Stored data.

= = = =

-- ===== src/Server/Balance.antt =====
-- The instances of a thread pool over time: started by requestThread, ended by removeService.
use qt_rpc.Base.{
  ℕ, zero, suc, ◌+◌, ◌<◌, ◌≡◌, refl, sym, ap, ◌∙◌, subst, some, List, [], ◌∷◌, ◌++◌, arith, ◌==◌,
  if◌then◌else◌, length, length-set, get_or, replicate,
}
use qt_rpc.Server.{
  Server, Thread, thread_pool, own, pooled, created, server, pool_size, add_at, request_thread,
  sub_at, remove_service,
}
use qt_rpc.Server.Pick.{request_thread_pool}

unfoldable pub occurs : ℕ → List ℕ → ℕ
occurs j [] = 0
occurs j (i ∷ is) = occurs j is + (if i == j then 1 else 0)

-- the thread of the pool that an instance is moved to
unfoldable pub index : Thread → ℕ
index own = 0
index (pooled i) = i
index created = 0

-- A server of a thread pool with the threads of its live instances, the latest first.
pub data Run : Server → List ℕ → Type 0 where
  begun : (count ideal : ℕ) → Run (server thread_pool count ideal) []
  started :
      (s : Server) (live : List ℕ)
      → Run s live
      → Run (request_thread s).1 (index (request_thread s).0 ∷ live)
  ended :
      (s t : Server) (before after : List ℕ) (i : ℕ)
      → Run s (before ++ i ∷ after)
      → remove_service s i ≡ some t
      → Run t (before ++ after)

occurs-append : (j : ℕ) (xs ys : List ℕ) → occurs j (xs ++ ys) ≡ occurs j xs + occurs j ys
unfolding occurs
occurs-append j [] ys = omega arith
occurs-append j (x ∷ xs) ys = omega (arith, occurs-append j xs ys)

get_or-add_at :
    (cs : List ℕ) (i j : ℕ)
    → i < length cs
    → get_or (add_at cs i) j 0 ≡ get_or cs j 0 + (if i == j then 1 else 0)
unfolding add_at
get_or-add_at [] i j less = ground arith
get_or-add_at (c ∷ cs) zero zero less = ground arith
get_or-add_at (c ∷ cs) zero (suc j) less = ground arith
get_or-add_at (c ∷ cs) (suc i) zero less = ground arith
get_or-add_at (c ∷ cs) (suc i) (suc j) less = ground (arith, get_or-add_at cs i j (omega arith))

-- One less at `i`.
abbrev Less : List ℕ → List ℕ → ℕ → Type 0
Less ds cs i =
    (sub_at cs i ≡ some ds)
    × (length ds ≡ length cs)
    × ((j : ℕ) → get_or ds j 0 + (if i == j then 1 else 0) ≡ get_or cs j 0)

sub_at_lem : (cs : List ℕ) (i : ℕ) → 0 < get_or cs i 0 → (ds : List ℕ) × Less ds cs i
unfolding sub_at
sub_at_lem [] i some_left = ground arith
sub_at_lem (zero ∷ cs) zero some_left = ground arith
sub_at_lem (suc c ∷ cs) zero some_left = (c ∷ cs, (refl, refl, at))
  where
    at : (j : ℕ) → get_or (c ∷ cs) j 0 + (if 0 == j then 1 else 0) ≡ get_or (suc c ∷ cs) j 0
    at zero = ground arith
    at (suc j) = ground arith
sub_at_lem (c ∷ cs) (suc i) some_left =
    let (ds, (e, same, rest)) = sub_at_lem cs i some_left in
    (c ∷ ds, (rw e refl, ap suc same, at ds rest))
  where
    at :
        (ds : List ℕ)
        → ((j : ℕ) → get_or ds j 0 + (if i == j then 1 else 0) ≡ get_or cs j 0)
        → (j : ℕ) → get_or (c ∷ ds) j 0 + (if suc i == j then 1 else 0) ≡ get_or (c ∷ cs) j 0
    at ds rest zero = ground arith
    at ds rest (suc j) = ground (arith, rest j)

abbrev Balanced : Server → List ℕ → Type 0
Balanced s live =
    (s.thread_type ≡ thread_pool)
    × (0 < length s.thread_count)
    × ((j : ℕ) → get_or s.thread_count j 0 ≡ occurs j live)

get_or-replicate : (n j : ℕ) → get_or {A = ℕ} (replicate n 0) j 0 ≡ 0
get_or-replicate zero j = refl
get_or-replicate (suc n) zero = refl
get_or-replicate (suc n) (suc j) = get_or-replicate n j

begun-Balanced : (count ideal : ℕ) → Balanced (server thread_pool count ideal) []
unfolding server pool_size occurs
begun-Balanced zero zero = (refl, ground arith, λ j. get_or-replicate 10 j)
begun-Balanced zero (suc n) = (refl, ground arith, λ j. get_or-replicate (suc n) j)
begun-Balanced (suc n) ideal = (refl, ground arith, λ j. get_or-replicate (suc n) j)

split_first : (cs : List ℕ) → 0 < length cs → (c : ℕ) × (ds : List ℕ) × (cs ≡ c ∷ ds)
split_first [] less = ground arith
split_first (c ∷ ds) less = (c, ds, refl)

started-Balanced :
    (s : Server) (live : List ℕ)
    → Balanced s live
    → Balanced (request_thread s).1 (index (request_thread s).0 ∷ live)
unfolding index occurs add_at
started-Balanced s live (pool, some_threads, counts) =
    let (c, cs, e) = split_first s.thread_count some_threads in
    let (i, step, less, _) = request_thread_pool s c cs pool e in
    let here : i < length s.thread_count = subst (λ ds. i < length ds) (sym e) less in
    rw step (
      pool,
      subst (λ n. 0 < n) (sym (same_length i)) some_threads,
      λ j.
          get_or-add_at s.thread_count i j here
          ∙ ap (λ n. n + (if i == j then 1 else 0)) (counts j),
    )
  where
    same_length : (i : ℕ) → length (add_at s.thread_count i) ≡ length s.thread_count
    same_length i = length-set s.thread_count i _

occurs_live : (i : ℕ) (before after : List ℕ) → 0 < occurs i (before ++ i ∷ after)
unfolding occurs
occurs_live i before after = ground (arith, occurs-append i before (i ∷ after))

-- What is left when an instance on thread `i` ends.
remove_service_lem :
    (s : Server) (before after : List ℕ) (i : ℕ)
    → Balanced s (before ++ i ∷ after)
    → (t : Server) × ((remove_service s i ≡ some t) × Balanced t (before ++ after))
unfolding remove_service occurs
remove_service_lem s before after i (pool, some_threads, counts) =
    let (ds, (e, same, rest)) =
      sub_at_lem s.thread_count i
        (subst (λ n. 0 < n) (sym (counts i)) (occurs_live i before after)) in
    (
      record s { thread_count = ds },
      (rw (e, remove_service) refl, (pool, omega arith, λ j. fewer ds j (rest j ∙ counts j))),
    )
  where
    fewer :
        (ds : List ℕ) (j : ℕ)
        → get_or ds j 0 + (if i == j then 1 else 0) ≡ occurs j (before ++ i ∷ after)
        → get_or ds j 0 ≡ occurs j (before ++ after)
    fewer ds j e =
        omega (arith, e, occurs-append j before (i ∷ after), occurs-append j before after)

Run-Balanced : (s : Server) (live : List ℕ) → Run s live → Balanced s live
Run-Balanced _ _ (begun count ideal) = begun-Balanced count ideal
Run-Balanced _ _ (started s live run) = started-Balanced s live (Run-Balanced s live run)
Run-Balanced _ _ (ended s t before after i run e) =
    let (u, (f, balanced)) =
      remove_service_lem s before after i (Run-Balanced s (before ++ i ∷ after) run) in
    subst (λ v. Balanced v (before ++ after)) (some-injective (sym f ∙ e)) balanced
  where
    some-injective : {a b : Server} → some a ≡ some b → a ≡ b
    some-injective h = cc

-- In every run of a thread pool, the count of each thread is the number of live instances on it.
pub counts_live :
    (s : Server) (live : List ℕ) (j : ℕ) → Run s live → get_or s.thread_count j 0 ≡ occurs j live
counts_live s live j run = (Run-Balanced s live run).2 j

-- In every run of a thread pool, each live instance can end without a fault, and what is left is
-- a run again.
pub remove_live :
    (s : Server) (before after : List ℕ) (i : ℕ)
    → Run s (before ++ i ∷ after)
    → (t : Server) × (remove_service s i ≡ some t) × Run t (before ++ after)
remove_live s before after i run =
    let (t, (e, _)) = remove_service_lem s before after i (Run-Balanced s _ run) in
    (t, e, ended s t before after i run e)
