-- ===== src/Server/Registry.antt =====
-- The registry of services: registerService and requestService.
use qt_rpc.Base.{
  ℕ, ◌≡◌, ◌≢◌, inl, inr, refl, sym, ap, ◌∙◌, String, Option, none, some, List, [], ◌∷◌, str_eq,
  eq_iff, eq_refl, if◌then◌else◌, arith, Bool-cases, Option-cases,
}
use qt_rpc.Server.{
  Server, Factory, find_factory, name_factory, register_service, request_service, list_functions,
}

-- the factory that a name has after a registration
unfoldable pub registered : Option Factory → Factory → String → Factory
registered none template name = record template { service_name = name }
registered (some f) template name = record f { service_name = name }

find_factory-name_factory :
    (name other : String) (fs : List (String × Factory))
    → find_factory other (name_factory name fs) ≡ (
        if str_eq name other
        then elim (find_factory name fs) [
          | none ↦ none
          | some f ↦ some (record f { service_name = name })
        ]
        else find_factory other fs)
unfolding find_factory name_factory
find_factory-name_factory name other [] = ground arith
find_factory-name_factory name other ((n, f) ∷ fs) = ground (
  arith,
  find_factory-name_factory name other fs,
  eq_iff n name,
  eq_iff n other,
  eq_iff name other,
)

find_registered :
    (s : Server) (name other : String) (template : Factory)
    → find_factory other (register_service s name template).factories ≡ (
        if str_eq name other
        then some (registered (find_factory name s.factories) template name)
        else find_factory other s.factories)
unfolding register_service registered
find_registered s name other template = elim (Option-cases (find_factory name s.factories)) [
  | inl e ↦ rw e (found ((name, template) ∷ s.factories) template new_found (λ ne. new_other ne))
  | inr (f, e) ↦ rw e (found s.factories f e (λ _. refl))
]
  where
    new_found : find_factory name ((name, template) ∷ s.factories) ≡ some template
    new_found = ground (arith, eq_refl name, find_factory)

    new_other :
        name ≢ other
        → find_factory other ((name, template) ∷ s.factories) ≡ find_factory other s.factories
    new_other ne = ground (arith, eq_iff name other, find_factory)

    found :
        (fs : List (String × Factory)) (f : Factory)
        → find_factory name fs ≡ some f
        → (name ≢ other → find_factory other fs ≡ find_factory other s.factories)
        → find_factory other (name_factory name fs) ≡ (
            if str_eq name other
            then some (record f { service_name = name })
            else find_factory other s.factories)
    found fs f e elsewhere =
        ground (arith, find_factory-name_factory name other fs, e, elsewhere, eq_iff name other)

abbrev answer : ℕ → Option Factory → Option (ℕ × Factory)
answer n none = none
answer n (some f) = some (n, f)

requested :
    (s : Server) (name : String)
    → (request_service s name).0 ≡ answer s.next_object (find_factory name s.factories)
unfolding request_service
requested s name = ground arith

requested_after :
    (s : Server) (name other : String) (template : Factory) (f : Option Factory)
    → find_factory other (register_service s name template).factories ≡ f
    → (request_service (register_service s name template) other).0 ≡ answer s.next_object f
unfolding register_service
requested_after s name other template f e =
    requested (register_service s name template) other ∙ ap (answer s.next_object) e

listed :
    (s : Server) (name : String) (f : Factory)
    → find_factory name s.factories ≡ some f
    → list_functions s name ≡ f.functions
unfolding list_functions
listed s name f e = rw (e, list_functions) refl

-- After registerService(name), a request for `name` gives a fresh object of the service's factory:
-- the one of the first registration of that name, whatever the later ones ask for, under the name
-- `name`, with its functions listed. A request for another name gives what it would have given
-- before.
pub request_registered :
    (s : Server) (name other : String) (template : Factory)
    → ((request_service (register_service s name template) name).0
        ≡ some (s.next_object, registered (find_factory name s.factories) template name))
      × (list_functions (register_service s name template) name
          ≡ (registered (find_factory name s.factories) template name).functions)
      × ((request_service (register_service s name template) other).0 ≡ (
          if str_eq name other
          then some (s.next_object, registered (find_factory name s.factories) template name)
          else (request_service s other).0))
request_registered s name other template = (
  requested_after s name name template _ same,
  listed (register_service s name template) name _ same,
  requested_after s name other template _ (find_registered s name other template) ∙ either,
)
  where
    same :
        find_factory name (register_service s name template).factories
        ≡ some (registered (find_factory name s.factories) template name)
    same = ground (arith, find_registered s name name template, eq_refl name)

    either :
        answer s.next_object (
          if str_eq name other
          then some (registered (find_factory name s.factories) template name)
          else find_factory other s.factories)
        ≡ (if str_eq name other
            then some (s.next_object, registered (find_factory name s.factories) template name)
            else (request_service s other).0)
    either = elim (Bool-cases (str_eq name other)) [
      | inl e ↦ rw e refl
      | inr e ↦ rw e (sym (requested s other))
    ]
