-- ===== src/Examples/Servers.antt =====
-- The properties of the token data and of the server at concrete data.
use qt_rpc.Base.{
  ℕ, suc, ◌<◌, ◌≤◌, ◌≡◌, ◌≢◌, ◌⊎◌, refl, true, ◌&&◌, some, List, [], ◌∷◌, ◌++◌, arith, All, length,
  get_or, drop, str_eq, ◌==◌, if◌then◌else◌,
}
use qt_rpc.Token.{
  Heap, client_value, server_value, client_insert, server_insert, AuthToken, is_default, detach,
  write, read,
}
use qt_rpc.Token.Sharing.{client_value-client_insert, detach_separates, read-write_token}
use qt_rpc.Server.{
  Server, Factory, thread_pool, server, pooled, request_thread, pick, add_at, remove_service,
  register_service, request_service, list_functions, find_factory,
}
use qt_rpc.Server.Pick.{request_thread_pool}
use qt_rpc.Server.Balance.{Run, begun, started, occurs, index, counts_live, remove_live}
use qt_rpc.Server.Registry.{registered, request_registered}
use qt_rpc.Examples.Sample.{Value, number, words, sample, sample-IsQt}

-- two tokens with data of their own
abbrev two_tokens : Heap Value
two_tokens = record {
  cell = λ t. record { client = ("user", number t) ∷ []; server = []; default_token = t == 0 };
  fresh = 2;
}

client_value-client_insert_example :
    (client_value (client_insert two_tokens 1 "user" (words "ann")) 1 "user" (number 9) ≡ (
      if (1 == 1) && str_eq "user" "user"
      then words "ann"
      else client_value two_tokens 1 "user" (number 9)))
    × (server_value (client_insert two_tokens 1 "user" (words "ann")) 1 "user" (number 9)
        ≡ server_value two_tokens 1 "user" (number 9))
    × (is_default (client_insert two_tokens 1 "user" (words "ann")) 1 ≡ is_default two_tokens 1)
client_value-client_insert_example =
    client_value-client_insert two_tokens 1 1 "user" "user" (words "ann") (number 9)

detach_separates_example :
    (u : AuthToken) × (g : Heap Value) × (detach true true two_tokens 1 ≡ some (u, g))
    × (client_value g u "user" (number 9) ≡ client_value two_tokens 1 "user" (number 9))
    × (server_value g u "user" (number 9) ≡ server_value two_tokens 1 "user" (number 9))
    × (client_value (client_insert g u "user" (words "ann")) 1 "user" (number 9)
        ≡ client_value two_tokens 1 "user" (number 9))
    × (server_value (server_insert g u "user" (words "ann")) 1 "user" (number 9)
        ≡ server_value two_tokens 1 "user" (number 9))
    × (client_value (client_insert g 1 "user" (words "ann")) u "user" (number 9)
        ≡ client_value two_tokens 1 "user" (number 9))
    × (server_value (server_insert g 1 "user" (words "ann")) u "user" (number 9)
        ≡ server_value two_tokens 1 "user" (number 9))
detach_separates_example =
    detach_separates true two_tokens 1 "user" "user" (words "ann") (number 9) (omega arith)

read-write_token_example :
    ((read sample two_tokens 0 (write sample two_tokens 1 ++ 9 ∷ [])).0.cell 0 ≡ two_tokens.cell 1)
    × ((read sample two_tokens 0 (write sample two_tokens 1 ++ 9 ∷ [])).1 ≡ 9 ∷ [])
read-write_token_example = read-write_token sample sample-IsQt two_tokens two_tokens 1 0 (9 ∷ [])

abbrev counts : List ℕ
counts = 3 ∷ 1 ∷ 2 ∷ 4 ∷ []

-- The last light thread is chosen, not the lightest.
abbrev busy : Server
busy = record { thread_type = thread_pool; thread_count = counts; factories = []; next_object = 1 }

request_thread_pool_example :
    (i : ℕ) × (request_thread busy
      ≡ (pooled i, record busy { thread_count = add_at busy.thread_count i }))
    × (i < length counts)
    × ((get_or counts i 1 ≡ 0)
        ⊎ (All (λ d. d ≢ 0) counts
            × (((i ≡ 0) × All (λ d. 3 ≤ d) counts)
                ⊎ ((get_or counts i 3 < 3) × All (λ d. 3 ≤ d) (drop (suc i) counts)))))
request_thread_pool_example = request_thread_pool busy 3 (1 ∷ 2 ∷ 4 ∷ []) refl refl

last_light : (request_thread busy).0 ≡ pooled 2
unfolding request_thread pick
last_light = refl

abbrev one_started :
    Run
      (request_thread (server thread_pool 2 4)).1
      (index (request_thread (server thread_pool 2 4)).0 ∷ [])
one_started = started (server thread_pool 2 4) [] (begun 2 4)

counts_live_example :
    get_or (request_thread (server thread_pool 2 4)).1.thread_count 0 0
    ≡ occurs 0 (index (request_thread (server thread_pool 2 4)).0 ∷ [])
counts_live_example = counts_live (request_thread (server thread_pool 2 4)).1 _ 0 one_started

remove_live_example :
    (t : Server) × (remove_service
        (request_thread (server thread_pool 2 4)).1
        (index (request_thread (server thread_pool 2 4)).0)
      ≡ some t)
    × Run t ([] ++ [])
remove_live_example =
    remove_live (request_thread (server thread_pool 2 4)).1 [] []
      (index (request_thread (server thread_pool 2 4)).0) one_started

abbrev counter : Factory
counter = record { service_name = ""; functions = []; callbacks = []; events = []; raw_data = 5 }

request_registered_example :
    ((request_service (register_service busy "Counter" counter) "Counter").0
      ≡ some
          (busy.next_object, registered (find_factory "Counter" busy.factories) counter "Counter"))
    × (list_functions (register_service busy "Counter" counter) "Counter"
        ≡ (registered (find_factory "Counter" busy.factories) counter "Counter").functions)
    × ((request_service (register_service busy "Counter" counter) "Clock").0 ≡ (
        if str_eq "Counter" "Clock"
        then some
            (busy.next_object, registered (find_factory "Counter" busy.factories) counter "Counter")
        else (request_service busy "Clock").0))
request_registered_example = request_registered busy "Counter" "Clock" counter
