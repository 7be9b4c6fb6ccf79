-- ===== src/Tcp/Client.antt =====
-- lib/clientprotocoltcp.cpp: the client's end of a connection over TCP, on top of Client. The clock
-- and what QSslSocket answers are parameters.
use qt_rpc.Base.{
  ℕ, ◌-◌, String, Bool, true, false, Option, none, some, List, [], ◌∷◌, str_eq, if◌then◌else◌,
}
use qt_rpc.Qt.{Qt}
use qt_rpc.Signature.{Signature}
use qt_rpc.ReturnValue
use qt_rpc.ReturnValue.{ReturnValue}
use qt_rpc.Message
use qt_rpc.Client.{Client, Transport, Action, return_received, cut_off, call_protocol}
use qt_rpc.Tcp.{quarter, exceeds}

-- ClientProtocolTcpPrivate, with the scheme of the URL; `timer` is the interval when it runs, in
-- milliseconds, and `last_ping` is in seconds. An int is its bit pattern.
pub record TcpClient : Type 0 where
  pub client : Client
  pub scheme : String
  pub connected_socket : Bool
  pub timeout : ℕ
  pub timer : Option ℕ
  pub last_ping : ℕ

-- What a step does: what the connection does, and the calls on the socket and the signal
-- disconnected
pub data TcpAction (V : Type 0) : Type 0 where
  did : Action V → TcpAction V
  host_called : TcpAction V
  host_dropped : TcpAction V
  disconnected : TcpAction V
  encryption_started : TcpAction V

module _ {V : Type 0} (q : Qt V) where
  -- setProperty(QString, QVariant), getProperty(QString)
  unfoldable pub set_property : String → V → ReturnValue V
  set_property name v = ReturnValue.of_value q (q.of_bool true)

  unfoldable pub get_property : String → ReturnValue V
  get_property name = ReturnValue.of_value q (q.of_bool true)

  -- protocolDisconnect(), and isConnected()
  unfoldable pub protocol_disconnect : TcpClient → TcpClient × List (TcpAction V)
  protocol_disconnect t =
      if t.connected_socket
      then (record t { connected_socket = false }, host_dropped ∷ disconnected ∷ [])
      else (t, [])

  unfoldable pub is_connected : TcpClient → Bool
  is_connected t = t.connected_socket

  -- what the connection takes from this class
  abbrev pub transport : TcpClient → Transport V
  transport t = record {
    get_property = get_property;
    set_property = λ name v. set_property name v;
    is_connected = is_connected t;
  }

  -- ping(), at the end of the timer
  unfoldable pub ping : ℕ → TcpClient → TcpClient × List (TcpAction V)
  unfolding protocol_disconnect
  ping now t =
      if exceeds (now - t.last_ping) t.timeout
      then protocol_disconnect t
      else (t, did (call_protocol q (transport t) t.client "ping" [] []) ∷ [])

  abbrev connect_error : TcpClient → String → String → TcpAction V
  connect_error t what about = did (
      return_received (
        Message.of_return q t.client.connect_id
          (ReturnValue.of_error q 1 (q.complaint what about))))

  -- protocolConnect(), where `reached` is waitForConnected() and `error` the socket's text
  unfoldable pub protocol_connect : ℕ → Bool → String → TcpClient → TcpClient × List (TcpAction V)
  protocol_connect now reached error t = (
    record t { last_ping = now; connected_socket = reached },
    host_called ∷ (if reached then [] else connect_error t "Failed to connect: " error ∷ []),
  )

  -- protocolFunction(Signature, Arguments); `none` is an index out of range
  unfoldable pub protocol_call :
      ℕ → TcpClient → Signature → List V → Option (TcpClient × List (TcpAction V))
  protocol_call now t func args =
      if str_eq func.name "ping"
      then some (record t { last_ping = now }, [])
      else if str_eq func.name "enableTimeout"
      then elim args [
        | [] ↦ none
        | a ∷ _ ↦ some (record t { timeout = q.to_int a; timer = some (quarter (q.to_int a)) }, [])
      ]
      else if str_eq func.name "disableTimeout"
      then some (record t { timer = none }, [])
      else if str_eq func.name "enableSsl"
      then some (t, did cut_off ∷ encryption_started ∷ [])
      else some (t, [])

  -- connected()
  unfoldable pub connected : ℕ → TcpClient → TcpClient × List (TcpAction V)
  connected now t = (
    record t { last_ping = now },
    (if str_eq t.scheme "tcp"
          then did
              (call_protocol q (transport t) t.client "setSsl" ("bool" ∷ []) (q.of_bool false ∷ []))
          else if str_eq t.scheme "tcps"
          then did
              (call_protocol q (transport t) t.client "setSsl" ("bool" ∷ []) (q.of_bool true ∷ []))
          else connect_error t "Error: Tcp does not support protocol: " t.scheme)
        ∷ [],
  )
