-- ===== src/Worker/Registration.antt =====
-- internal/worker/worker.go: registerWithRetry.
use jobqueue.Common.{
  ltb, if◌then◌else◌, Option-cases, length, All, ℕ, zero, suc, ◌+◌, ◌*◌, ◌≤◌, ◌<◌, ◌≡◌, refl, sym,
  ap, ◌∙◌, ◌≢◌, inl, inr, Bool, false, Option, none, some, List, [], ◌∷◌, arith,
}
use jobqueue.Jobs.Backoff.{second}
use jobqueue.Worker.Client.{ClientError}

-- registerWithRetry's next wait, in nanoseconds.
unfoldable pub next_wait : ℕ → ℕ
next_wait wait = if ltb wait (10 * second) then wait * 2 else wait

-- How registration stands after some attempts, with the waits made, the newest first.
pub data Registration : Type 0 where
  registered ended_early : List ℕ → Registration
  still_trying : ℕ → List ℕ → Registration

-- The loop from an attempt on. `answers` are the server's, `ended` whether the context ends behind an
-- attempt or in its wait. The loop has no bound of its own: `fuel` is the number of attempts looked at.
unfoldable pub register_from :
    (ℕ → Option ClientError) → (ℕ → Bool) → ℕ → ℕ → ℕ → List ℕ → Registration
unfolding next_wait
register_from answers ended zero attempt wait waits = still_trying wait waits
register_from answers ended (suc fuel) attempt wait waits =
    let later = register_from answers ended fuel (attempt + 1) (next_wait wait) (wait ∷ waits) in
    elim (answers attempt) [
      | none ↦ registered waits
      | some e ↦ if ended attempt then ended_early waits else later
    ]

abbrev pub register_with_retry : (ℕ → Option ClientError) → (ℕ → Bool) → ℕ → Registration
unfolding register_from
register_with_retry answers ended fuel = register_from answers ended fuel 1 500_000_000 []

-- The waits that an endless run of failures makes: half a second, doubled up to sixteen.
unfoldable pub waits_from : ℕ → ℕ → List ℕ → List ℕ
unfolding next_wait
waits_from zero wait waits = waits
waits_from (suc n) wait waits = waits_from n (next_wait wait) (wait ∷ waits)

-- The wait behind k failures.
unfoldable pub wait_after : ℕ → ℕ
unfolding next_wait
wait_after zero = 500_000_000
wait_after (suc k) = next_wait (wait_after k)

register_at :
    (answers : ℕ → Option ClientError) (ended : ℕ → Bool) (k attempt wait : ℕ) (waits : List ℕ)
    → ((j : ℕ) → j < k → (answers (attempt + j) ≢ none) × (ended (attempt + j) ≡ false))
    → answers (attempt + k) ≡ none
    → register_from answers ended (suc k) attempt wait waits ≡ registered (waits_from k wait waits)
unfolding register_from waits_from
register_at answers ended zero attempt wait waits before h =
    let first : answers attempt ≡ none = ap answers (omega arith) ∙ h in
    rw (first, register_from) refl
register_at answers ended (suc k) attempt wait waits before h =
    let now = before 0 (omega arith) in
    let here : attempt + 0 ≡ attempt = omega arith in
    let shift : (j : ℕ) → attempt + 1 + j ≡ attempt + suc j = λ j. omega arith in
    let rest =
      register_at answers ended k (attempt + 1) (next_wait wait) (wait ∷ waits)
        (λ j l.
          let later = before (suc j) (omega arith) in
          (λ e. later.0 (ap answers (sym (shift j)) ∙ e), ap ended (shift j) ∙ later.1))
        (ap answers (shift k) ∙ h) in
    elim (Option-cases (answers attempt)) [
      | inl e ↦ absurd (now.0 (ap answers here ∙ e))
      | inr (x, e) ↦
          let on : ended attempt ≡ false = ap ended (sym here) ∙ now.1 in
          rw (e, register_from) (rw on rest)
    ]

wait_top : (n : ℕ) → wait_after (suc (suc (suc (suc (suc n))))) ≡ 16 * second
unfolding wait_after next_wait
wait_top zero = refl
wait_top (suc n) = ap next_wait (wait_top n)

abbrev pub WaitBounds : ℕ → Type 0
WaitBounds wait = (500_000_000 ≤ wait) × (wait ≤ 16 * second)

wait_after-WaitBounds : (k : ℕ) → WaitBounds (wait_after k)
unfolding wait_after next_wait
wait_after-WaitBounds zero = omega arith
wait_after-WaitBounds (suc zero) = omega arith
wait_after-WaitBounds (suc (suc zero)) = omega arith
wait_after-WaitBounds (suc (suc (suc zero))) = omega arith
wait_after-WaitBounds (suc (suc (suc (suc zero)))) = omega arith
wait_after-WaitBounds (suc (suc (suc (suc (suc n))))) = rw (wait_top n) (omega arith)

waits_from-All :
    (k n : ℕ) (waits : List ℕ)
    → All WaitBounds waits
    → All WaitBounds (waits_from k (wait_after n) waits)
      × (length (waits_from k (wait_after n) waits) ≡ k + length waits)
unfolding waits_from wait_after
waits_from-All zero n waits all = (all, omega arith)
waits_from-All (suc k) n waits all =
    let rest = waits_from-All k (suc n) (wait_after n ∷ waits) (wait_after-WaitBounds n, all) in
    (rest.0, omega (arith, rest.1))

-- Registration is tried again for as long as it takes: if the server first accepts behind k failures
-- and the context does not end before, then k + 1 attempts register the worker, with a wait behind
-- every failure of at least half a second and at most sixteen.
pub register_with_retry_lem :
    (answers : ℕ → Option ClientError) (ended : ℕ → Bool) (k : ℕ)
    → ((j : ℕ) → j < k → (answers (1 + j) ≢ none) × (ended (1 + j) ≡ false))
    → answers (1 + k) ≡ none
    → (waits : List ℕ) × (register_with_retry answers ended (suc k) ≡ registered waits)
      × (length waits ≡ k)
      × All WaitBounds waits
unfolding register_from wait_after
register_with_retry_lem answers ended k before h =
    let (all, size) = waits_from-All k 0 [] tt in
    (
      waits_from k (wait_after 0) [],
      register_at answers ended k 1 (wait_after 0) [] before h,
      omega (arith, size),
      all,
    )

= = = =

EXERCISE. The answer must consist of every line from the data that holds the string "shift".

EXERCISE RESPONSE.
    let shift : (j : ℕ) → attempt + 1 + j ≡ attempt + suc j = λ j. omega arith in
          (λ e. later.0 (ap answers (sym (shift j)) ∙ e), ap ended (shift j) ∙ later.1))
        (ap answers (shift k) ∙ h) in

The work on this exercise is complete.